=== EXERCISE DESCRIPTION ===
Produce the records below again, word for word, but stop after the line that contains "< length xs".
== RECORD SET
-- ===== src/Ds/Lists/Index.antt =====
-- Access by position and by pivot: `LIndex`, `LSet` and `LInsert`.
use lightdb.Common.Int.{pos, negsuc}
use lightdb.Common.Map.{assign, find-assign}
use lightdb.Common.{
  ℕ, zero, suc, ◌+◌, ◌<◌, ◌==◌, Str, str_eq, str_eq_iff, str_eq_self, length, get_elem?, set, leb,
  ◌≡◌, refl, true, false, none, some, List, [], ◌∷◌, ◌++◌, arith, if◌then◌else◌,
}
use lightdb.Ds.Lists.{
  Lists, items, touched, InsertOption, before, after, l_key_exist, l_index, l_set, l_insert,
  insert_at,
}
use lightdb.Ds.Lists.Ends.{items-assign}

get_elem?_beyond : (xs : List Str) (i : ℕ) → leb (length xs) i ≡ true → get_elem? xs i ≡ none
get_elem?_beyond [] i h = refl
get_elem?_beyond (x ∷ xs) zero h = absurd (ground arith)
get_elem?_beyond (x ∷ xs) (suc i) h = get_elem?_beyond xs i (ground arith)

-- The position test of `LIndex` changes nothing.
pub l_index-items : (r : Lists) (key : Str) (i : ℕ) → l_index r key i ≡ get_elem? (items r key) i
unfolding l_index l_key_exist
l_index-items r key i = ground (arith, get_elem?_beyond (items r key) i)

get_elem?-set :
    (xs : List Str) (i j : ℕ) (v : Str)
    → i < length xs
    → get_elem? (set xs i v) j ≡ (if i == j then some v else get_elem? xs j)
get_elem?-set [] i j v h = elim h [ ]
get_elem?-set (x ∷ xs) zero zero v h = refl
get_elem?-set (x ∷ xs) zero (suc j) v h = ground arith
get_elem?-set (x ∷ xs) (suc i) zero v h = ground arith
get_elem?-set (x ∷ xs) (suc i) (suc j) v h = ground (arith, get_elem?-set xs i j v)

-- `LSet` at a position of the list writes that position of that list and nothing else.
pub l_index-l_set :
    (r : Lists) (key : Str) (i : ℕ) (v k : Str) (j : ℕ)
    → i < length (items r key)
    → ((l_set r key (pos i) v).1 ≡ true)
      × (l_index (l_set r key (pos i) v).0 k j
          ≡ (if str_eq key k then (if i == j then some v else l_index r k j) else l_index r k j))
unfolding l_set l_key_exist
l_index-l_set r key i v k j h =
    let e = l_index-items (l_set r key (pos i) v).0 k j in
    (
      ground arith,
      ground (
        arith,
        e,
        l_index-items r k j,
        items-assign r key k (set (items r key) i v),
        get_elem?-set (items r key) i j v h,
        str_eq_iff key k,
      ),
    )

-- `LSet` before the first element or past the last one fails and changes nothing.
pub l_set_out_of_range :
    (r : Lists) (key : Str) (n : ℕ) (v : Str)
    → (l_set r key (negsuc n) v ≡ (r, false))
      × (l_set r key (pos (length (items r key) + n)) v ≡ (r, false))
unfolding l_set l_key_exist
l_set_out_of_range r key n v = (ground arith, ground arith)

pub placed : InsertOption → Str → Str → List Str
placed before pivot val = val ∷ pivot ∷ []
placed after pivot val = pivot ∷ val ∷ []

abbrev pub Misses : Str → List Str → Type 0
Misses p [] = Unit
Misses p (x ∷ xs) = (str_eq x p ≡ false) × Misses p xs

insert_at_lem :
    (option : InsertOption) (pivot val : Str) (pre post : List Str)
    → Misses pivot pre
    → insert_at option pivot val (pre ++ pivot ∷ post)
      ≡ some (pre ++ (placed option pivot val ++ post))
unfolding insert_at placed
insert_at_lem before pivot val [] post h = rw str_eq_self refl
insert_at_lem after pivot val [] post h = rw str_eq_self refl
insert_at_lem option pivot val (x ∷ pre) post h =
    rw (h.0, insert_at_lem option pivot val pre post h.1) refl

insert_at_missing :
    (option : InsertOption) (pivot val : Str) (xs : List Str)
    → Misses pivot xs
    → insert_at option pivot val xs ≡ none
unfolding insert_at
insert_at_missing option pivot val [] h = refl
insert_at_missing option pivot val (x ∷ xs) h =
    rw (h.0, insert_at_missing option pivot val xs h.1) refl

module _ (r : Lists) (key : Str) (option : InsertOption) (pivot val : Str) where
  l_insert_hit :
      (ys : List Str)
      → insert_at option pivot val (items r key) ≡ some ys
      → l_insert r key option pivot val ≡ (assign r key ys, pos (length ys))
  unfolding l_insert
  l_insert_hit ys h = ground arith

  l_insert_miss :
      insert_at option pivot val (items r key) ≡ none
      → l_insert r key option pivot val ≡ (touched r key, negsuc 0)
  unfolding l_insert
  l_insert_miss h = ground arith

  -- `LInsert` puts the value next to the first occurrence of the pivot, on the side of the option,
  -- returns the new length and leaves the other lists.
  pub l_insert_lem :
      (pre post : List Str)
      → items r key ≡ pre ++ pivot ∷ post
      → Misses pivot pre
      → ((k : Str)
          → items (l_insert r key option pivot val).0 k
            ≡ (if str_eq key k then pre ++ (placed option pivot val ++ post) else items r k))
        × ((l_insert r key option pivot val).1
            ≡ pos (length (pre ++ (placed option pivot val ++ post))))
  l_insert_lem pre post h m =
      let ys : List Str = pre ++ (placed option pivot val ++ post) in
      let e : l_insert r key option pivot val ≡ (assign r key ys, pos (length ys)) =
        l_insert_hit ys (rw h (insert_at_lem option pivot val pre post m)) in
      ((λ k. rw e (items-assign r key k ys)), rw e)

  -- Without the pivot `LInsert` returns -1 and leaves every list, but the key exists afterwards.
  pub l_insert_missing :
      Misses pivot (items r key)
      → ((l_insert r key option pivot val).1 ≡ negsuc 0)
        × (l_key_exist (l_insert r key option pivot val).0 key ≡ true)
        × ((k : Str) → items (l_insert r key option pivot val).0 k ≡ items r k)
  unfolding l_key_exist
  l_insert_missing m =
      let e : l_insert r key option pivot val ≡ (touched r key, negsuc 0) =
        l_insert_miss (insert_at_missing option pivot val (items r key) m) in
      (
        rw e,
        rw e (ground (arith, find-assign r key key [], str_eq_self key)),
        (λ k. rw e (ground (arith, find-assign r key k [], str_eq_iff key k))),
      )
====
=== PROBLEM SOLUTION ===
-- ===== src/Ds/Lists/Index.antt =====
-- Access by position and by pivot: `LIndex`, `LSet` and `LInsert`.
use lightdb.Common.Int.{pos, negsuc}
use lightdb.Common.Map.{assign, find-assign}
use lightdb.Common.{
  ℕ, zero, suc, ◌+◌, ◌<◌, ◌==◌, Str, str_eq, str_eq_iff, str_eq_self, length, get_elem?, set, leb,
  ◌≡◌, refl, true, false, none, some, List, [], ◌∷◌, ◌++◌, arith, if◌then◌else◌,
}
use lightdb.Ds.Lists.{
  Lists, items, touched, InsertOption, before, after, l_key_exist, l_index, l_set, l_insert,
  insert_at,
}
use lightdb.Ds.Lists.Ends.{items-assign}

get_elem?_beyond : (xs : List Str) (i : ℕ) → leb (length xs) i ≡ true → get_elem? xs i ≡ none
get_elem?_beyond [] i h = refl
get_elem?_beyond (x ∷ xs) zero h = absurd (ground arith)
get_elem?_beyond (x ∷ xs) (suc i) h = get_elem?_beyond xs i (ground arith)

-- The position test of `LIndex` changes nothing.
pub l_index-items : (r : Lists) (key : Str) (i : ℕ) → l_index r key i ≡ get_elem? (items r key) i
unfolding l_index l_key_exist
l_index-items r key i = ground (arith, get_elem?_beyond (items r key) i)

get_elem?-set :
    (xs : List Str) (i j : ℕ) (v : Str)
    → i < length xs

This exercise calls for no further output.